#938 – Hidden Games Crime Scene: The New Haven Case [Spoiler-Free]

Base price: $25.
1 – 6 players.
Play time: 90 – 180 minutes.
BGG Link
Buy on Amazon (via What’s Eric Playing?)
Logged plays: 1

Full disclosure: A review copy of Hidden Games Crime Scene: The New Haven Case was provided by Hidden Games International.

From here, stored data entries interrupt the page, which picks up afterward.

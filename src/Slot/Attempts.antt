-- ===== src/Slot/Attempts.antt =====
-- The loop bodies of src/page/slot.rs, on the lifecycle word that the round has seen.
use sharded_slab.Base.{
  ℕ, Bool, true, false, not, ◌&&◌, ◌||◌, Option, none, some, ◌==◌, if◌then◌else◌,
}
use sharded_slab.Config.{Config}
use sharded_slab.Lifecycle.{
  State, as_usize, state_eq, state_from_packed, pack_state, refs_from_packed, pack_refs,
  gen_from_packed, pack_gen, incr, decr,
}
use sharded_slab.Slot.Memory.{Attempt, finish, exchange, unreachable}

-- A `Guard` is a pointer to the slot.
abbrev pub Guard : Type 0
Guard = Unit

-- The body of `Slot::get`.
unfoldable pub get_attempt : Config → ℕ → ℕ → Attempt (Option Guard)
get_attempt c gen lifecycle = elim (state_from_packed c lifecycle) [
  | none ↦ unreachable
  | some state ↦
      if not (gen == gen_from_packed c lifecycle) || not (state_eq state State.present)
      then finish none
      else elim (incr c (refs_from_packed c lifecycle)) [
        | none ↦ finish none
        | some new_refs ↦ exchange (pack_refs c new_refs lifecycle) (some tt)
      ]
]

-- The body of the loop in `Slot::mark_release`. `some` is a break, with the word last seen.
unfoldable pub mark_attempt : Config → ℕ → ℕ → Attempt (Option ℕ)
mark_attempt c gen lifecycle =
    if not (gen == gen_from_packed c lifecycle)
    then finish none
    else elim (state_from_packed c lifecycle) [
      | none ↦ unreachable
      | some state ↦ elim state [
        | State.removing ↦ finish none
        | State.marked ↦ finish (some lifecycle)
        | State.present ↦ exchange (pack_state c State.marked lifecycle) (some lifecycle)
      ]
    ]

-- The body of `Slot::release`; the result is `dropping`.
unfoldable pub release_attempt : Config → ℕ → Attempt Bool
release_attempt c lifecycle = elim (state_from_packed c lifecycle) [
  | none ↦ unreachable
  | some state ↦
      let refs = refs_from_packed c lifecycle in
      let gen = gen_from_packed c lifecycle in
      if refs == 1 && state_eq state State.marked
      then exchange (pack_gen c gen (as_usize State.removing)) true
      else exchange (pack_refs c (decr c refs) lifecycle) false
]

-- The body of the loop in `InitGuard::release2`, for a guard of the generation `gen`.
unfoldable pub removing_attempt : Config → ℕ → ℕ → Attempt Bool
removing_attempt c gen lifecycle = elim (state_from_packed c lifecycle) [
  | none ↦ unreachable
  | some state ↦ exchange (pack_gen c gen (as_usize State.removing)) true
]
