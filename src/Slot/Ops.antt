-- ===== src/Slot/Ops.antt =====
-- The operations of src/page/slot.rs on a slot.
use sharded_slab.Base.{
  ℕ, zero, suc, ◌+◌, Bool, true, false, not, ◌&&◌, Option, none, some, ◌==◌, if◌then◌else◌, length,
}
use mathlib.Core.Option
use sharded_slab.Config.{Config}
use sharded_slab.Lifecycle.{
  State, as_usize, refs_from_packed, pack_refs, gen_from_packed, pack_gen, pack_state, advance,
}
use sharded_slab.Slot.Memory.{
  Slot, Outcome, returns, spins, World, load, store, cas_loop, run, ◌>>=◌,
}
use sharded_slab.Slot.Attempts.{Guard, get_attempt, mark_attempt, release_attempt, removing_attempt}

-- The trait `FreeList` of src/page/mod.rs: `push` takes the offset of a slot and the slot.
pub record FreeList (T F : Type 0) : Type 0 where
  pub push : ℕ → Slot T → F → Slot T × F

-- `M: FnOnce(Option<&mut T>) -> R`
pub record Mutator (T R : Type 0) : Type 0 where
  pub on_none : R
  pub on_some : T → T × R

-- The traits `Clear` and `Default` of the item.
pub record Clear (T : Type 0) : Type 0 where
  pub clear : T → T
  pub default : T

pub record InitGuard : Type 0 where
  pub curr_lifecycle : ℕ
  pub released : Bool

-- `InitGuard::generation`
unfoldable pub generation : Config → InitGuard → ℕ
generation c guard = gen_from_packed c guard.curr_lifecycle

module _ {T : Type 0} (c : Config) where
  -- `Slot::get`
  unfoldable pub get : ℕ → World T → Outcome (Option Guard × World T)
  get gen w = run (get_attempt c gen) w

  -- `Slot::mark_release`
  unfoldable pub mark_release : ℕ → World T → Outcome (Option Bool × World T)
  mark_release gen w = do
    (left, w') ← run (mark_attempt c gen) w
    returns (Option.map (λ lifecycle. refs_from_packed c lifecycle == 0) left, w')

  -- `Slot::release` and `Guard::release`
  unfoldable pub release : World T → Outcome (Bool × World T)
  release w = run (release_attempt c) w

  -- `Slot::init`
  unfoldable pub init : World T → Option InitGuard × World T
  init w =
      let w' = load w in
      let lifecycle = w'.slot.lifecycle in
      if not (refs_from_packed c lifecycle == 0)
      then (none, w')
      else (some (record { curr_lifecycle = lifecycle; released = false }), w')

  -- `InitGuard::release2`
  unfoldable pub release2 : InitGuard → ℕ → World T → Outcome (Bool × InitGuard × World T)
  release2 guard new_refs w =
      let guard' = record guard { released = true } in
      let new_lifecycle =
        pack_gen c (gen_from_packed c guard.curr_lifecycle) (pack_state c State.present new_refs) in
      let w' = load w in
      let fall_back = do
        (dropping, w'') ← cas_loop (removing_attempt c (generation c guard)) w'.others w'.slot
        returns (dropping, guard', w'')
      in if guard.released
        then returns (false, guard, w)
        else if w'.slot.lifecycle == guard.curr_lifecycle
        then returns (false, guard', record w' { slot = store new_lifecycle w'.slot })
        else fall_back

  -- `InitGuard::release`
  unfoldable pub release_init : InitGuard → World T → Outcome (Bool × InitGuard × World T)
  release_init guard w = release2 guard 0 w

  -- `InitGuard::downgrade`
  unfoldable pub downgrade : InitGuard → World T → Outcome (Guard × InitGuard × World T)
  downgrade guard w = do
    (_, guard', w') ← release2 guard (pack_refs c 1 0) w
    returns (tt, guard', w')

  module _ {F R : Type 0} (fl : FreeList T F) (mutator : Mutator T R) (gen offset : ℕ) where
    -- The removal itself, once the generation has advanced and no reference is left.
    unfoldable pub finish_release : F → World T → R × F × World T
    finish_release free w =
        let (item', value) = mutator.on_some w.slot.item in
        let (slot', free') = fl.push offset (record (w.slot) { item = item' }) free in
        (value, free', record w { slot = slot' })

    -- The loop of `release_with`, at most `fuel` rounds of it.
    unfoldable pub release_loop : ℕ → Bool → ℕ → F → World T → Outcome (R × F × World T)
    release_loop zero advanced lifecycle free w = spins
    release_loop (suc fuel) advanced lifecycle free w =
        let w' = load w in
        let won = record w' { slot = store (pack_gen c (advance c gen) lifecycle) w'.slot } in
        let spin = release_loop fuel true lifecycle free won in
        let retry = release_loop fuel advanced w'.slot.lifecycle free w' in
        if not advanced && not (gen == gen_from_packed c lifecycle)
        then returns (mutator.on_none, free, w)
        else if w'.slot.lifecycle == lifecycle
        then (if refs_from_packed c lifecycle == 0 then returns (finish_release free won) else spin)
        else retry

    -- `Slot::release_with`
    unfoldable pub release_with : F → World T → Outcome (R × F × World T)
    release_with free w =
        let w' = load w in release_loop (length w'.others + 2) false w'.slot.lifecycle free w'

-- `Slot::insert` from the answer of `init` on; the second result is what is left in `value`.
unfoldable pub fill :
    {T : Type 0}
    → Config
    → Option T
    → Option InitGuard × World (Option T)
    → Outcome (Option ℕ × Option T × World (Option T))
fill c value (none, w) = returns (none, value, w)
fill c value (some guard, w) = do
  let slot = w.slot
  (_, _, w') ← release_init c guard (record w { slot = record slot { item = value } })
  returns (some (generation c guard), slot.item, w')

-- `Slot::insert`
unfoldable pub insert :
    {T : Type 0}
    → Config
    → Option T
    → World (Option T)
    → Outcome (Option ℕ × Option T × World (Option T))
insert c value w = fill c value (init c w)

-- `Slot::new`
unfoldable pub new_slot : {T : Type 0} → Clear T → ℕ → Slot T
new_slot cl next = record { lifecycle = as_usize State.removing; next = next; item = cl.default }

module _ {T F : Type 0} (c : Config) (fl : FreeList T F) (cl : Clear T) where
  -- `Slot::clear_storage`
  unfoldable pub clear_storage : ℕ → ℕ → F → World T → Outcome (Bool × F × World T)
  clear_storage gen offset free w =
      release_with c fl (record { on_none = false; on_some = λ t. (cl.clear t, true) }) gen offset
        free w

  -- `Slot::try_clear_storage`
  unfoldable pub try_clear_storage : ℕ → ℕ → F → World T → Outcome (Bool × F × World T)
  try_clear_storage gen offset free w = do
    (marked, w') ← mark_release c gen w
    elim marked [
      | none ↦ returns (false, free, w')
      | some should_clear ↦
          if should_clear then clear_storage gen offset free w' else returns (true, free, w')
    ]

module _ {T F : Type 0} (c : Config) (fl : FreeList (Option T) F) where
  -- `Slot::remove_value`
  unfoldable pub remove_value :
      ℕ → ℕ → F → World (Option T) → Outcome (Option T × F × World (Option T))
  remove_value gen offset free w =
      release_with c fl (record { on_none = none; on_some = λ item. (none, item) }) gen offset free
        w

  -- `Slot::try_remove_value`
  unfoldable pub try_remove_value :
      ℕ → ℕ → F → World (Option T) → Outcome (Bool × F × World (Option T))
  try_remove_value gen offset free w = do
    (marked, w') ← mark_release c gen w
    elim marked [
      | none ↦ returns (false, free, w')
      | some should_remove ↦
          let removed = do
            (_, free', w'') ← remove_value gen offset free w'
            returns (true, free', w'')
          in if should_remove then removed else returns (true, free, w')
    ]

It’s always exciting to try out mystery games! I only get one play of them, so I need to dive in, figure it out, and then report back to y’all without spoiling any parts of it. It’s an interesting writing challenge, and every mystery game does things a bit differently, from the logic puzzles of The Key series to the escape-room antics of the EXIT series to Postcurious‘s challenging and elegant games. Love the entire genre; can’t get enough of them. Though they make me want to do an actual escape room in the near future, so I’ll need to start looking into that at some point. Either way, the Hidden Games Crime Scene series is a new set of games, so let’s see what it’s got!

In The New Haven Case, players are hired to solve a suspicious death at the county fair. It’s thrown the whole town into a tizzy, but the police’s investigation has come up inconclusive. Now, things fall to you. The problem is, you have no idea who sent you all of this information. Who wants your help? How did Max Glover die? And, most important of all, who killed him? Only one way to find out!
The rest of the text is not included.